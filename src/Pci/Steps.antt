-- ===== src/Pci/Steps.antt =====
-- The steps of the scan in src/pci.c: what each keeps and what it finds.
use bloreos.Base.{
  ℕ, zero, suc, ◌+◌, ◌≤◌, ◌≡◌, ◌≢◌, refl, ap, subst, Bool, true, false, Option, none, some, List,
  length, Ram, ltb, ◌==◌, ◌&&◌, if◌then◌else◌, arith, Bool-cases, inl, inr,
}
use bloreos.Pci.{
  Window, PciDevice, read_vendor_id, read_header_type, found_device, check_function, check_present,
  then_scan, check_functions, check_device, scan_bus, scan_buses,
}
use bloreos.Pci.Devices.{Has, Has-append, Has-last, new_or_old, length-snoc}

module _ (m : Ram) (w : Window) (allocates : ℕ → Bool) where
  -- A function of the list answers, and its record is what the configuration space says of it, with
  -- the header type of the device's function 0.
  pub record IsPresent (d : PciDevice) : Type 0 where
    pub answers : read_vendor_id m w d.bus d.device d.function ≢ 0xffff
    pub described :
        d ≡ found_device m w d.bus d.device d.function (read_header_type m w d.bus d.device 0)

  pub record AllPresent (ds : List PciDevice) : Type 0 where
    pub each : (d : PciDevice) → Has d ds → IsPresent d
    pub room : length ds ≤ 32

  -- A step of the scan keeps the devices that are there, and lists none that is not.
  abbrev pub Extends : List PciDevice → Option (List PciDevice) → Type 0
  Extends ds none = Unit {0}
  Extends ds (some ds') =
      ((d : PciDevice) → Has d ds → Has d ds') × (AllPresent ds → AllPresent ds')

  -- If the step has not run past the array, d is listed.
  abbrev pub Finds : PciDevice → Option (List PciDevice) → Type 0
  Finds d none = Unit {0}
  Finds d (some ds) = Has d ds

  Extends-same : (ds : List PciDevice) → Extends ds (some ds)
  Extends-same ds = (λ d h. h, λ a. a)

  then_scan-Extends :
      (ds : List PciDevice) (o : Option (List PciDevice))
      (rest : List PciDevice → Option (List PciDevice))
      → Extends ds o
      → ((ds' : List PciDevice) → Extends ds' (rest ds'))
      → Extends ds (then_scan m w o rest)
  unfolding then_scan
  then_scan-Extends ds none rest e r = tt
  then_scan-Extends ds (some ds') rest e r = both (rest ds') (r ds')
    where
      both : (o : Option (List PciDevice)) → Extends ds' o → Extends ds o
      both none f = tt
      both (some ds'') f = (λ d h. f.0 d (e.0 d h), λ a. f.1 (e.1 a))

  pub then_scan-Finds :
      (d : PciDevice) (o : Option (List PciDevice))
      (rest : List PciDevice → Option (List PciDevice))
      → Finds d o
      → ((ds' : List PciDevice) → Extends ds' (rest ds'))
      → Finds d (then_scan m w o rest)
  unfolding then_scan
  then_scan-Finds d none rest h r = tt
  then_scan-Finds d (some ds') rest h r = kept (rest ds') (r ds')
    where
      kept : (o : Option (List PciDevice)) → Extends ds' o → Finds d o
      kept none f = tt
      kept (some ds'') f = f.0 d h

  pub then_scan-later :
      (d : PciDevice) (o : Option (List PciDevice))
      (rest : List PciDevice → Option (List PciDevice))
      → ((ds' : List PciDevice) → Finds d (rest ds'))
      → Finds d (then_scan m w o rest)
  unfolding then_scan
  then_scan-later d none rest r = tt
  then_scan-later d (some ds') rest r = r ds'

  module _ (bus device function header_type : ℕ)
      (of_first : header_type ≡ read_header_type m w bus device 0) where
    check_function-Extends :
        (ds : List PciDevice)
        → read_vendor_id m w bus device function ≢ 0xffff
        → Extends ds (check_function m w allocates bus device function header_type ds)
    unfolding check_function found_device
    check_function-Extends ds there =
        elim (Bool-cases (allocates (length ds) && ltb (length ds) 32)) [
          | inl room ↦
              let new = found_device m w bus device function header_type in
              let new_present : IsPresent new = record {
                answers = there;
                described = ap (found_device m w bus device function) of_first;
              } in
              rw room (
                λ d h. Has-append d new ds h,
                λ a. record {
                  each = λ d h. elim (new_or_old d new ds h) [
                    | inl old ↦ a.each d old
                    | inr e ↦ subst IsPresent e new_present
                  ];
                  room = ground (arith, length-snoc new ds, room);
                },
              )
          | inr full ↦ rw full tt
        ]

    check_present-Extends :
        (ds : List PciDevice)
        → Extends ds (check_present m w allocates bus device function header_type ds)
    unfolding check_present
    check_present-Extends ds =
        elim (Bool-cases (read_vendor_id m w bus device function == 0xffff)) [
          | inl gone ↦ rw gone (Extends-same ds)
          | inr there ↦ rw there (check_function-Extends ds (ground (arith, there)))
        ]

  module _ (bus device function header_type : ℕ) where
    pub check_present-Finds :
        (ds : List PciDevice)
        → read_vendor_id m w bus device function ≢ 0xffff
        → Finds
            (found_device m w bus device function header_type)
            (check_present m w allocates bus device function header_type ds)
    unfolding check_present check_function
    check_present-Finds ds there =
        let answers : (read_vendor_id m w bus device function == 0xffff) ≡ false = ground arith in
        elim (Bool-cases (allocates (length ds) && ltb (length ds) 32)) [
          | inl room ↦ rw (answers, room) (Has-last _ ds)
          | inr full ↦ rw (answers, full) tt
        ]

  check_functions-Extends :
      (left bus device function header_type : ℕ)
      → header_type ≡ read_header_type m w bus device 0
      → (ds : List PciDevice)
      → Extends ds (check_functions m w allocates left bus device function header_type ds)
  unfolding check_functions
  check_functions-Extends zero bus device function header_type h ds = Extends-same ds
  check_functions-Extends (suc left) bus device function header_type h ds =
      then_scan-Extends ds _ _ (check_present-Extends bus device function header_type h ds)
        (check_functions-Extends left bus device (function + 1) header_type h)

  if_else :
      (b : Bool) (ds : List PciDevice) (o : Option (List PciDevice))
      → Extends ds o
      → Extends ds (if b then some ds else o)
  if_else true ds o e = Extends-same ds
  if_else false ds o e = e

  pub other_functions :
      (b : Bool) (bus device header_type : ℕ)
      → header_type ≡ read_header_type m w bus device 0
      → (ds : List PciDevice)
      → Extends ds
          (if b then some ds else check_functions m w allocates 7 bus device 1 header_type ds)
  other_functions b bus device header_type h ds =
      if_else b ds _ (check_functions-Extends 7 bus device 1 header_type h ds)

  check_device-Extends :
      (bus device : ℕ) (ds : List PciDevice) → Extends ds (check_device m w allocates bus device ds)
  unfolding check_device
  check_device-Extends bus device ds =
      then_scan-Extends ds _ _
        (check_present-Extends bus device 0 (read_header_type m w bus device 0) refl ds)
        (other_functions _ bus device (read_header_type m w bus device 0) refl)

  pub scan_bus-Extends :
      (left bus device : ℕ) (ds : List PciDevice)
      → Extends ds (scan_bus m w allocates left bus device ds)
  unfolding scan_bus
  scan_bus-Extends zero bus device ds = Extends-same ds
  scan_bus-Extends (suc left) bus device ds =
      then_scan-Extends ds _ _ (check_device-Extends bus device ds)
        (scan_bus-Extends left bus (device + 1))

  pub scan_buses-Extends :
      (left bus : ℕ) (ds : List PciDevice) → Extends ds (scan_buses m w allocates left bus ds)
  unfolding scan_buses
  scan_buses-Extends zero bus ds = Extends-same ds
  scan_buses-Extends (suc left) bus ds =
      then_scan-Extends ds _ _ (scan_bus-Extends 32 bus 0 ds) (scan_buses-Extends left (bus + 1))
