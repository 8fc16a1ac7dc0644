-- ===== src/Pci/Scan.antt =====
-- What the scan of the buses in src/pci.c finds.
use bloreos.Base.{ℕ, ◌<◌, ◌≢◌, Bool, Option, none, some, List, Ram}
use bloreos.Pci.{Window, PciDevice, read_vendor_id, read_header_type, found_device}
use bloreos.Pci.Devices.{Has}
use bloreos.Pci.Steps.{AllPresent}

module _ (m : Ram) (w : Window) where
  -- The record of function 0 of a device.
  abbrev pub first_function : ℕ → ℕ → PciDevice
  first_function bus device = found_device m w bus device 0 (read_header_type m w bus device 0)

-- What the scan leaves; `none` is a write past the 32 entries of the array or through NULL.
abbrev pub Scanned : Ram → Window → (ℕ → Bool) → Option (List PciDevice) → Type 0
Scanned m w allocates none = Unit {0}
Scanned m w allocates (some ds) =
    AllPresent m w allocates ds
    × ((b d : ℕ)
        → b < 256
        → d < 32
        → read_vendor_id m w b d 0 ≢ 0xffff
        → Has (first_function m w b d) ds)
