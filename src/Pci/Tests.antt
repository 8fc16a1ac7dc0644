-- ===== src/Pci/Tests.antt =====
-- A configuration space where functions 0 and 1 of device 0 on bus 0 answer, the first with the bit for
-- several functions in its header type.
use bloreos.Base.{
  ℕ, ◌≡◌, refl, Bool, true, ltb, ◌==◌, if◌then◌else◌, some, [], ◌∷◌, map, ◌>>=◌, Ram, arith,
}
use bloreos.Pci.{
  Window, PciDevice, check_device, check_function, check_functions, found_device, read_vendor_id,
  read_header_type,
}
use bloreos.Pci.Address.{IsFunction, function_offset_unique}

abbrev two_functions : Ram
two_functions a = if a == 0xb000000e then 0x80 else if ltb a 0xb0002000 then 0x10 else 0xff

abbrev memory_for_all : ℕ → Bool
memory_for_all n = true

abbrev window : Window
window = record { mmio_base = 0xb0000000; start = 0; vmm_higher_half_offset = 0 }

two_listed :
    (check_device two_functions window memory_for_all 0 0 [] >>= λ ds.
    some (map {B = ℕ × ℕ} (λ (d : PciDevice). (d.function, d.header_type)) ds))
    ≡ some ((0, 0x80) ∷ (1, 0x80) ∷ [])
unfolding check_device check_function check_functions found_device read_vendor_id read_header_type
two_listed = refl

abbrev network_bus : ℕ
network_bus = 3

abbrev network_device : ℕ
network_device = 2

abbrev network_function : ℕ
network_function = 1

-- PCI_REG2_OFFSET
abbrev class_offset : ℕ
class_offset = 8

network-IsFunction : IsFunction window 3 2 1
network-IsFunction = record {
  in_window = omega arith;
  bus_byte = omega arith;
  device_bits = omega arith;
  function_bits = omega arith;
}

function_offset_unique_example :
    (network_bus ≡ 3) × (network_device ≡ 2) × (network_function ≡ 1) × (class_offset ≡ 8)
function_offset_unique_example =
    function_offset_unique window network_bus network_device network_function class_offset 3 2 1 8
      network-IsFunction network-IsFunction (omega arith) (omega arith) refl
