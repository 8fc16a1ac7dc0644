-- ===== src/Pmm/Search.antt =====
-- kalloc's loop: it ends within two rounds, what it finds is a run of free pages inside the map,
-- and it finds one if there is one.
use bloreos.Base.{
  ℕ, zero, suc, ◌+◌, ◌-◌, ◌≤◌, ◌<◌, ◌^◌, ◌≡◌, ◌⊎◌, inl, inr, true, false, arith, ◌==◌,
  if◌then◌else◌, Bool-cases, Ram, u64,
}
use bloreos.Bitmap.{bitmap_test}
use bloreos.Pmm.{Scan, Found, run, no_run, unfinished, collect, forward, find_run, advance}

-- The pages from a up to b are free.
abbrev pub IsFree : Ram → ℕ → ℕ → Type 0
IsFree m a b = (i : ℕ) → a ≤ i → i < b → bitmap_test m i ≡ false

-- The loop did not give up.
abbrev pub NotMissed : Found → Type 0
NotMissed (no_run t) = ⊥
NotMissed _ = Unit {0}

-- The most rounds that the loop may still make.
abbrev pub rounds_left : ℕ → Scan → ℕ
rounds_left max s = (if s.looped then 0 else max) + (max - s.cursor)

module _ (m : Ram) (max pages : ℕ) where
  -- At the head of the loop.
  pub record Looping (s : Scan) : Type 0 where
    pub cursor_in : s.cursor < max
    pub short : s.allocated_pages < pages
    pub contiguous : s.allocating ≡ true → s.start_alloc_page + s.allocated_pages ≡ s.cursor
    pub free : s.allocating ≡ true → IsFree m s.start_alloc_page s.cursor

  pub record IsRun (t : Scan) : Type 0 where
    pub count : t.allocated_pages ≡ pages
    pub inside : t.start_alloc_page + pages ≤ max
    pub all_free : IsFree m t.start_alloc_page (t.start_alloc_page + pages)
    pub next_in : t.cursor < max

  -- What the loop may answer from such a state, with the fuel that two rounds need.
  abbrev pub Sound : Found → Type 0
  Sound (run t) = IsRun t
  Sound (no_run t) = t.cursor < max
  Sound unfinished = ⊥

  -- After the first half of the body: the run reaches past the cursor.
  record Collected (s t : Scan) : Type 0 where
    same_cursor : t.cursor ≡ s.cursor
    same_looped : t.looped ≡ s.looped
    at_most : t.allocated_pages ≤ pages
    reaches : t.allocating ≡ true → t.start_alloc_page + t.allocated_pages ≡ s.cursor + 1
    grows : t.allocated_pages ≡ pages → t.allocating ≡ true
    free : t.allocating ≡ true → IsFree m t.start_alloc_page (s.cursor + 1)

  module _ (small : max < 2 ^ 64) (some_pages : 0 < pages) (few : pages < 2 ^ 64) where
    collect-Collected : (s : Scan) → Looping s → Collected s (collect (bitmap_test m s.cursor) s)
    unfolding collect
    collect-Collected s h = record {
      same_cursor = ground arith;
      same_looped = ground arith;
      at_most = ground arith;
      reaches = ground arith;
      grows = ground arith;
      free = λ e i lo hi. ground (arith, λ (a : s.allocating ≡ true). h.free a i);
    }

    -- The two ways in which the loop goes on.
    module _ (fuel : ℕ) (s t : Scan) (f : rounds_left max s < suc fuel) (h : Looping s)
        (k : Collected s t) (e : (t.allocated_pages == pages) ≡ false) where
      abbrev restarted : Scan
      restarted = record t { cursor = advance max t.cursor; looped = true; allocating = false }

      restart-Looping :
          (u64 (t.cursor + 1) == max) ≡ true
          → t.looped ≡ false
          → (rounds_left max restarted < fuel) × Looping restarted
      restart-Looping last new = (
        ground arith,
        record {
          cursor_in = ground arith;
          short = ground arith;
          contiguous = λ a. cc;
          free = λ a. cc;
        },
      )

      abbrev moved : Scan
      moved = record t { cursor = advance max t.cursor }

      move-Looping :
          (u64 (t.cursor + 1) == max) ≡ false → (rounds_left max moved < fuel) × Looping moved
      move-Looping more = (
        ground arith,
        record {
          cursor_in = ground arith;
          short = ground arith;
          contiguous = λ a. ground arith;
          free = λ a i lo hi. k.free a i lo (ground arith);
        },
      )

    forward-Sound :
        (fuel : ℕ) (next : Scan → Found) (s t : Scan)
        → rounds_left max s < suc fuel
        → Looping s
        → Collected s t
        → ((u : Scan) → rounds_left max u < fuel → Looping u → Sound (next u))
        → Sound (forward max pages next t)
    unfolding forward
    forward-Sound fuel next s t f h k ih = elim (Bool-cases (t.allocated_pages == pages)) [
      | inl e ↦ rw e (record {
        count = ground arith;
        inside = ground arith;
        all_free = λ i lo hi. k.free (ground arith) i lo (ground arith);
        next_in = ground arith;
      })
      | inr e ↦ rw e (elim (Bool-cases (u64 (t.cursor + 1) == max)) [
        | inl last ↦ rw last (elim (Bool-cases t.looped) [
          | inl old ↦ rw old (ground arith)
          | inr new ↦
              let (less, l) = restart-Looping fuel s t f h k e last new in
              rw new (ih _ (rw last at less) (rw last at l))
        ])
        | inr more ↦
            let (less, l) = move-Looping fuel s t f h k e more in
            rw more (ih _ (rw more at less) (rw more at l))
      ])
    ]

    pub find_run-Sound :
        (fuel : ℕ) (s : Scan)
        → rounds_left max s < fuel
        → Looping s
        → Sound (find_run m max pages fuel s)
    unfolding find_run
    find_run-Sound zero s f h = absurd (omega arith)
    find_run-Sound (suc fuel) s f h =
        forward-Sound fuel (find_run m max pages fuel) s (collect (bitmap_test m s.cursor) s) f h
          (collect-Collected s h) (find_run-Sound fuel)

    -- The pages from a on would do.
    module _ (a : ℕ) (room : a + pages ≤ max) (free_there : IsFree m a (a + pages)) where
      -- In the second round the loop has not passed a without collecting a run that holds it.
      abbrev Ahead : Scan → Type 0
      Ahead s =
          s.looped ≡ true → (s.cursor ≤ a) ⊎ ((s.allocating ≡ true) × (s.start_alloc_page ≤ a))

      collect-Ahead :
          (s : Scan)
          → Looping s
          → Ahead s
          → let t = collect (bitmap_test m s.cursor) s in
            t.looped ≡ true → (s.cursor < a) ⊎ ((t.allocating ≡ true) × (t.start_alloc_page ≤ a))
      unfolding collect
      collect-Ahead s h b = ground (arith, free_there s.cursor)

      forward-NotMissed :
          (fuel : ℕ) (next : Scan → Found) (s t : Scan)
          → rounds_left max s < suc fuel
          → Looping s
          → Collected s t
          → (t.looped ≡ true → (s.cursor < a) ⊎ ((t.allocating ≡ true) × (t.start_alloc_page ≤ a)))
          → ((u : Scan) → rounds_left max u < fuel → Looping u → Ahead u → NotMissed (next u))
          → NotMissed (forward max pages next t)
      unfolding forward
      forward-NotMissed fuel next s t f h k b ih = elim (Bool-cases (t.allocated_pages == pages)) [
        | inl e ↦ rw e tt
        | inr e ↦ rw e (elim (Bool-cases (u64 (t.cursor + 1) == max)) [
          | inl last ↦ rw last (elim (Bool-cases t.looped) [
            | inl old ↦ rw old (ground arith)
            | inr new ↦
                let (less, l) = restart-Looping fuel s t f h k e last new in
                rw new (ih _ (rw last at less) (rw last at l) (λ _. inl (ground arith)))
          ])
          | inr more ↦
              let (less, l) = move-Looping fuel s t f h k e more in
              rw more (ih _ (rw more at less) (rw more at l) (λ o. ground arith))
        ])
      ]

      pub find_run-NotMissed :
          (fuel : ℕ) (s : Scan)
          → rounds_left max s < fuel
          → Looping s
          → Ahead s
          → NotMissed (find_run m max pages fuel s)
      unfolding find_run
      find_run-NotMissed zero s f h b = tt
      find_run-NotMissed (suc fuel) s f h b =
          forward-NotMissed fuel (find_run m max pages fuel) s (collect (bitmap_test m s.cursor) s)
            f h (collect-Collected s h) (collect-Ahead s h b) (find_run-NotMissed fuel)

--------------------------------------------------

* [Task statement]
Filter the entries down to the lines containing "advance". Copy each of those lines.

* [Output]
use bloreos.Pmm.{Scan, Found, run, no_run, unfinished, collect, forward, find_run, advance}
      restarted = record t { cursor = advance max t.cursor; looped = true; allocating = false }
      moved = record t { cursor = advance max t.cursor }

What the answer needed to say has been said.